-- ===== src/Tool/Limits.antt =====
-- The limits of `bounded_json` (backend/agents/tool_schemas.py) as one description of a value.
use civic_loop.Prelude.Result.{Result, ok, err}
use civic_loop.Prelude.{ℕ, suc, ◌+◌, ◌≤◌, ◌≡◌, Bool, true, not, ◌&&◌, leb, arith, if◌then◌else◌}
use civic_loop.Json.{
  Json, Items, Fields, null, flag, num, float, str, arr, obj, nil, item, end, field, size, width,
  dumps,
}
use civic_loop.Tool.{
  Invalid, invalid, walk, walk_items, walk_fields, bounded_json, long_key, encodable,
}
use Prim.Native.String.{count}

abbrev larger : ℕ → ℕ → ℕ
larger a b = if leb a b then b else a

-- How deep a value is, how many values it is made of, and whether each of them is small.
unfoldable mutual
  pub height : Json → ℕ
  height (arr xs) = tallest_item xs
  height (obj fs) = tallest_field fs
  height null = 0
  height (flag b) = 0
  height (num n) = 0
  height (float s) = 0
  height (str s) = 0

  pub tallest_item : Items → ℕ
  tallest_item nil = 0
  tallest_item (item v xs) = larger (suc (height v)) (tallest_item xs)

  pub tallest_field : Fields → ℕ
  tallest_field end = 0
  tallest_field (field k v fs) = larger (suc (height v)) (tallest_field fs)

unfoldable mutual
  pub count_values : Json → ℕ
  count_values (arr xs) = suc (count_items xs)
  count_values (obj fs) = suc (count_fields fs)
  count_values null = 1
  count_values (flag b) = 1
  count_values (num n) = 1
  count_values (float s) = 1
  count_values (str s) = 1

  pub count_items : Items → ℕ
  count_items nil = 0
  count_items (item v xs) = count_values v + count_items xs

  pub count_fields : Fields → ℕ
  count_fields end = 0
  count_fields (field k v fs) = count_values v + count_fields fs

unfoldable mutual
  pub small : Json → Bool
  small (arr xs) = leb (size xs) 100 && small_items xs
  small (obj fs) = leb (width fs) 100 && (not (long_key fs) && small_fields fs)
  small (str s) = leb (count s) 65_536
  small null = true
  small (flag b) = true
  small (num n) = true
  small (float s) = true

  pub small_items : Items → Bool
  small_items nil = true
  small_items (item v xs) = small v && small_items xs

  pub small_fields : Fields → Bool
  small_fields end = true
  small_fields (field k v fs) = small v && small_fields fs

-- What a walk from a depth and a count answers, for a height, a count and a test.
abbrev answer : ℕ → ℕ → ℕ → ℕ → Bool → Result Invalid ℕ
answer depth nodes h n good =
    if leb (depth + h) 8 && (leb (nodes + n) 2_048 && good) then ok (nodes + n) else err invalid

mutual
  unfolding walk height count_values small

  pub walk-answer :
      (v : Json) (depth nodes : ℕ)
      → walk v depth nodes ≡ answer depth nodes (height v) (count_values v) (small v)
  walk-answer (obj fs) depth nodes = ground (
    arith,
    λ (d : depth ≤ 8) (n : suc nodes ≤ 2_048). walk_fields-answer fs depth (suc nodes) d n,
  )
  walk-answer (arr xs) depth nodes =
      ground (
        arith,
        λ (d : depth ≤ 8) (n : suc nodes ≤ 2_048). walk_items-answer xs depth (suc nodes) d n,
      )
  walk-answer (str s) depth nodes = ground arith
  walk-answer null depth nodes = ground arith
  walk-answer (flag b) depth nodes = ground arith
  walk-answer (num n) depth nodes = ground arith
  walk-answer (float s) depth nodes = ground arith

  walk_items-answer :
      (xs : Items) (depth nodes : ℕ)
      → depth ≤ 8
      → nodes ≤ 2_048
      → walk_items xs (suc depth) nodes
        ≡ answer depth nodes (tallest_item xs) (count_items xs) (small_items xs)
  walk_items-answer nil depth nodes d n = ground arith
  walk_items-answer (item v xs) depth nodes d n = rw (walk-answer v (suc depth) nodes) (
      ground (
        arith,
        λ (m : nodes + count_values v ≤ 2_048).
            walk_items-answer xs depth (nodes + count_values v) d m,
      ))

  walk_fields-answer :
      (fs : Fields) (depth nodes : ℕ)
      → depth ≤ 8
      → nodes ≤ 2_048
      → walk_fields fs (suc depth) nodes
        ≡ answer depth nodes (tallest_field fs) (count_fields fs) (small_fields fs)
  walk_fields-answer end depth nodes d n = ground arith
  walk_fields-answer (field k v fs) depth nodes d n = rw (walk-answer v (suc depth) nodes) (
      ground (
        arith,
        λ (m : nodes + count_values v ≤ 2_048).
            walk_fields-answer fs depth (nodes + count_values v) d m,
      ))

-- The limits together: at most eight levels below the top, 2,048 values, and every one small.
abbrev pub within : Json → Bool
within v = leb (height v) 8 && (leb (count_values v) 2_048 && small v)

-- `bounded_json` accepts exactly the values that are at most eight levels deep, are made of at most
-- 2,048 values, have no list or object of more than 100 entries, no key of more than 128 and no
-- text of more than 65,536 characters, can be encoded, and encode to at most 65,536 bytes; and it
-- answers the encoded text.
pub bounded_json-within :
    (v : Json)
    → bounded_json v ≡ (
        if within v && (encodable v && leb (count (dumps v)) 65_536)
        then ok (dumps v)
        else err invalid)
unfolding bounded_json
bounded_json-within v = rw (walk-answer v 0 0) (ground arith)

**WHAT TO DO**
Exactly as they appear above, write out all of the lines.

**SOLUTION FOR THIS EXERCISE**
-- ===== src/Tool/Limits.antt =====
-- The limits of `bounded_json` (backend/agents/tool_schemas.py) as one description of a value.
use civic_loop.Prelude.Result.{Result, ok, err}
use civic_loop.Prelude.{ℕ, suc, ◌+◌, ◌≤◌, ◌≡◌, Bool, true, not, ◌&&◌, leb, arith, if◌then◌else◌}
use civic_loop.Json.{
  Json, Items, Fields, null, flag, num, float, str, arr, obj, nil, item, end, field, size, width,
  dumps,
}
use civic_loop.Tool.{
  Invalid, invalid, walk, walk_items, walk_fields, bounded_json, long_key, encodable,
}
use Prim.Native.String.{count}

abbrev larger : ℕ → ℕ → ℕ
larger a b = if leb a b then b else a

-- How deep a value is, how many values it is made of, and whether each of them is small.
unfoldable mutual
  pub height : Json → ℕ
  height (arr xs) = tallest_item xs
  height (obj fs) = tallest_field fs
  height null = 0
  height (flag b) = 0
  height (num n) = 0
  height (float s) = 0
  height (str s) = 0

  pub tallest_item : Items → ℕ
  tallest_item nil = 0
  tallest_item (item v xs) = larger (suc (height v)) (tallest_item xs)

  pub tallest_field : Fields → ℕ
  tallest_field end = 0
  tallest_field (field k v fs) = larger (suc (height v)) (tallest_field fs)

unfoldable mutual
  pub count_values : Json → ℕ
  count_values (arr xs) = suc (count_items xs)
  count_values (obj fs) = suc (count_fields fs)
  count_values null = 1
  count_values (flag b) = 1
  count_values (num n) = 1
  count_values (float s) = 1
  count_values (str s) = 1

  pub count_items : Items → ℕ
  count_items nil = 0
  count_items (item v xs) = count_values v + count_items xs

  pub count_fields : Fields → ℕ
  count_fields end = 0
  count_fields (field k v fs) = count_values v + count_fields fs

unfoldable mutual
  pub small : Json → Bool
  small (arr xs) = leb (size xs) 100 && small_items xs
  small (obj fs) = leb (width fs) 100 && (not (long_key fs) && small_fields fs)
  small (str s) = leb (count s) 65_536
  small null = true
  small (flag b) = true
  small (num n) = true
  small (float s) = true

  pub small_items : Items → Bool
  small_items nil = true
  small_items (item v xs) = small v && small_items xs

  pub small_fields : Fields → Bool
  small_fields end = true
  small_fields (field k v fs) = small v && small_fields fs

-- What a walk from a depth and a count answers, for a height, a count and a test.
abbrev answer : ℕ → ℕ → ℕ → ℕ → Bool → Result Invalid ℕ
answer depth nodes h n good =
    if leb (depth + h) 8 && (leb (nodes + n) 2_048 && good) then ok (nodes + n) else err invalid

mutual
  unfolding walk height count_values small

  pub walk-answer :
      (v : Json) (depth nodes : ℕ)
      → walk v depth nodes ≡ answer depth nodes (height v) (count_values v) (small v)
  walk-answer (obj fs) depth nodes = ground (
    arith,
    λ (d : depth ≤ 8) (n : suc nodes ≤ 2_048). walk_fields-answer fs depth (suc nodes) d n,
  )
  walk-answer (arr xs) depth nodes =
      ground (
        arith,
        λ (d : depth ≤ 8) (n : suc nodes ≤ 2_048). walk_items-answer xs depth (suc nodes) d n,
      )
  walk-answer (str s) depth nodes = ground arith
  walk-answer null depth nodes = ground arith
  walk-answer (flag b) depth nodes = ground arith
  walk-answer (num n) depth nodes = ground arith
  walk-answer (float s) depth nodes = ground arith

  walk_items-answer :
      (xs : Items) (depth nodes : ℕ)
      → depth ≤ 8
      → nodes ≤ 2_048
      → walk_items xs (suc depth) nodes
        ≡ answer depth nodes (tallest_item xs) (count_items xs) (small_items xs)
  walk_items-answer nil depth nodes d n = ground arith
  walk_items-answer (item v xs) depth nodes d n = rw (walk-answer v (suc depth) nodes) (
      ground (
        arith,
        λ (m : nodes + count_values v ≤ 2_048).
            walk_items-answer xs depth (nodes + count_values v) d m,
      ))

  walk_fields-answer :
      (fs : Fields) (depth nodes : ℕ)
      → depth ≤ 8
      → nodes ≤ 2_048
      → walk_fields fs (suc depth) nodes
        ≡ answer depth nodes (tallest_field fs) (count_fields fs) (small_fields fs)
  walk_fields-answer end depth nodes d n = ground arith
  walk_fields-answer (field k v fs) depth nodes d n = rw (walk-answer v (suc depth) nodes) (
      ground (
        arith,
        λ (m : nodes + count_values v ≤ 2_048).
            walk_fields-answer fs depth (nodes + count_values v) d m,
      ))

-- The limits together: at most eight levels below the top, 2,048 values, and every one small.
abbrev pub within : Json → Bool
within v = leb (height v) 8 && (leb (count_values v) 2_048 && small v)

-- `bounded_json` accepts exactly the values that are at most eight levels deep, are made of at most
-- 2,048 values, have no list or object of more than 100 entries, no key of more than 128 and no
-- text of more than 65,536 characters, can be encoded, and encode to at most 65,536 bytes; and it
-- answers the encoded text.
pub bounded_json-within :
    (v : Json)
    → bounded_json v ≡ (
        if within v && (encodable v && leb (count (dumps v)) 65_536)
        then ok (dumps v)
        else err invalid)
unfolding bounded_json
bounded_json-within v = rw (walk-answer v 0 0) (ground arith)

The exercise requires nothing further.